Work to complete:
All entries below are to be duplicated verbatim.

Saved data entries
-- Opening Marker --
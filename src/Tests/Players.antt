-- ===== src/Tests/Players.antt =====
-- Slots and gifts, terrain heights, and divisions, at concrete values.
use macintosh_craft.Base.{
  ℕ, ◌+◌, ◌≤◌, ◌≡◌, ◌≢◌, refl, ◌⊎◌, false, true, [], arith, if◌then◌else◌, ◌==◌,
}
use macintosh_craft.Base.Int.{pos, negsuc, ◌+ℤ◌}
use macintosh_craft.Terrain.Height.{get_height_at}
use macintosh_craft.Terrain.Height.Bounds
use macintosh_craft.Terrain.Feature.{get_terrain_at, anchor_of}
use macintosh_craft.Terrain.Section.{section_index, section_terrain}
use macintosh_craft.Terrain.Section.Agreement
use macintosh_craft.Items.{get_item_stack_size, is_one_of}
use macintosh_craft.Players.Slots.{client_slot_to_server_slot, server_slot_to_client_slot}
use macintosh_craft.Players.Slots
use macintosh_craft.Players.Give.{give_player_item}
use macintosh_craft.Players.Give.Total
use macintosh_craft.Tests.Data.{generator, numbers, miner}

window_slot_mismatch_example :
    (client_slot_to_server_slot 12 (server_slot_to_client_slot 12 9) ≢ 9)
    × (client_slot_to_server_slot 14 (server_slot_to_client_slot 14 9) ≢ 9)
window_slot_mismatch_example = Slots.window_slot_mismatch 9 (omega arith)

stack_of_diamonds : get_item_stack_size numbers 51 ≡ 64
unfolding get_item_stack_size is_one_of
stack_of_diamonds = refl

give_player_item-held_example :
    let gift = give_player_item numbers miner 51 5 in
    ((gift.failed ≡ false)
      × ((other : ℕ)
          → Total.held gift.player other ≡ Total.held miner other + (if other == 51 then 5 else 0)))
    ⊎ ((gift.failed ≡ true) × (gift.player ≡ miner) × (gift.sent ≡ []))
give_player_item-held_example =
    Total.give_player_item-held numbers miner 51 5 (omega arith) (omega arith)
      (omega (arith, stack_of_diamonds))

get_height_at_bounds_example :
    (50 ≤ get_height_at generator (pos 100) (negsuc 40))
    × (get_height_at generator (pos 100) (negsuc 40) ≤ 81)
get_height_at_bounds_example = Bounds.get_height_at_bounds generator (pos 100) (negsuc 40)

abbrev dx : ℕ
dx = 1

abbrev dy : ℕ
dy = 15

abbrev dz : ℕ
dz = 9

section_terrain-get_terrain_at_example :
    let x = negsuc 15 +ℤ pos 9 in
    let z = pos 32 +ℤ pos 4 in
    section_terrain generator (negsuc 15) 64 (pos 32) (section_index 9 3 4)
    ≡ get_terrain_at generator x 67 z (anchor_of generator x z)
section_terrain-get_terrain_at_example =
    Agreement.section_terrain-get_terrain_at generator (negsuc 15) (pos 32) 64 9 3 4 refl refl
      (omega arith) (omega arith) (omega arith)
-- Closing Marker --
Answer area:
filename src/Tests/Players.antt
-- ===== src/Tests/Players.antt =====
-- Slots and gifts, terrain heights, and divisions, at concrete values.
use macintosh_craft.Base.{
  ℕ, ◌+◌, ◌≤◌, ◌≡◌, ◌≢◌, refl, ◌⊎◌, false, true, [], arith, if◌then◌else◌, ◌==◌,
}
use macintosh_craft.Base.Int.{pos, negsuc, ◌+ℤ◌}
use macintosh_craft.Terrain.Height.{get_height_at}
use macintosh_craft.Terrain.Height.Bounds
use macintosh_craft.Terrain.Feature.{get_terrain_at, anchor_of}
use macintosh_craft.Terrain.Section.{section_index, section_terrain}
use macintosh_craft.Terrain.Section.Agreement
use macintosh_craft.Items.{get_item_stack_size, is_one_of}
use macintosh_craft.Players.Slots.{client_slot_to_server_slot, server_slot_to_client_slot}
use macintosh_craft.Players.Slots
use macintosh_craft.Players.Give.{give_player_item}
use macintosh_craft.Players.Give.Total
use macintosh_craft.Tests.Data.{generator, numbers, miner}

window_slot_mismatch_example :
    (client_slot_to_server_slot 12 (server_slot_to_client_slot 12 9) ≢ 9)
    × (client_slot_to_server_slot 14 (server_slot_to_client_slot 14 9) ≢ 9)
window_slot_mismatch_example = Slots.window_slot_mismatch 9 (omega arith)

stack_of_diamonds : get_item_stack_size numbers 51 ≡ 64
unfolding get_item_stack_size is_one_of
stack_of_diamonds = refl

give_player_item-held_example :
    let gift = give_player_item numbers miner 51 5 in
    ((gift.failed ≡ false)
      × ((other : ℕ)
          → Total.held gift.player other ≡ Total.held miner other + (if other == 51 then 5 else 0)))
    ⊎ ((gift.failed ≡ true) × (gift.player ≡ miner) × (gift.sent ≡ []))
give_player_item-held_example =
    Total.give_player_item-held numbers miner 51 5 (omega arith) (omega arith)
      (omega (arith, stack_of_diamonds))

get_height_at_bounds_example :
    (50 ≤ get_height_at generator (pos 100) (negsuc 40))
    × (get_height_at generator (pos 100) (negsuc 40) ≤ 81)
get_height_at_bounds_example = Bounds.get_height_at_bounds generator (pos 100) (negsuc 40)

abbrev dx : ℕ
dx = 1

abbrev dy : ℕ
dy = 15

abbrev dz : ℕ
dz = 9

section_terrain-get_terrain_at_example :
    let x = negsuc 15 +ℤ pos 9 in
    let z = pos 32 +ℤ pos 4 in
    section_terrain generator (negsuc 15) 64 (pos 32) (section_index 9 3 4)
    ≡ get_terrain_at generator x 67 z (anchor_of generator x z)
section_terrain-get_terrain_at_example =
    Agreement.section_terrain-get_terrain_at generator (negsuc 15) (pos 32) 64 9 3 4 refl refl
      (omega arith) (omega arith) (omega arith)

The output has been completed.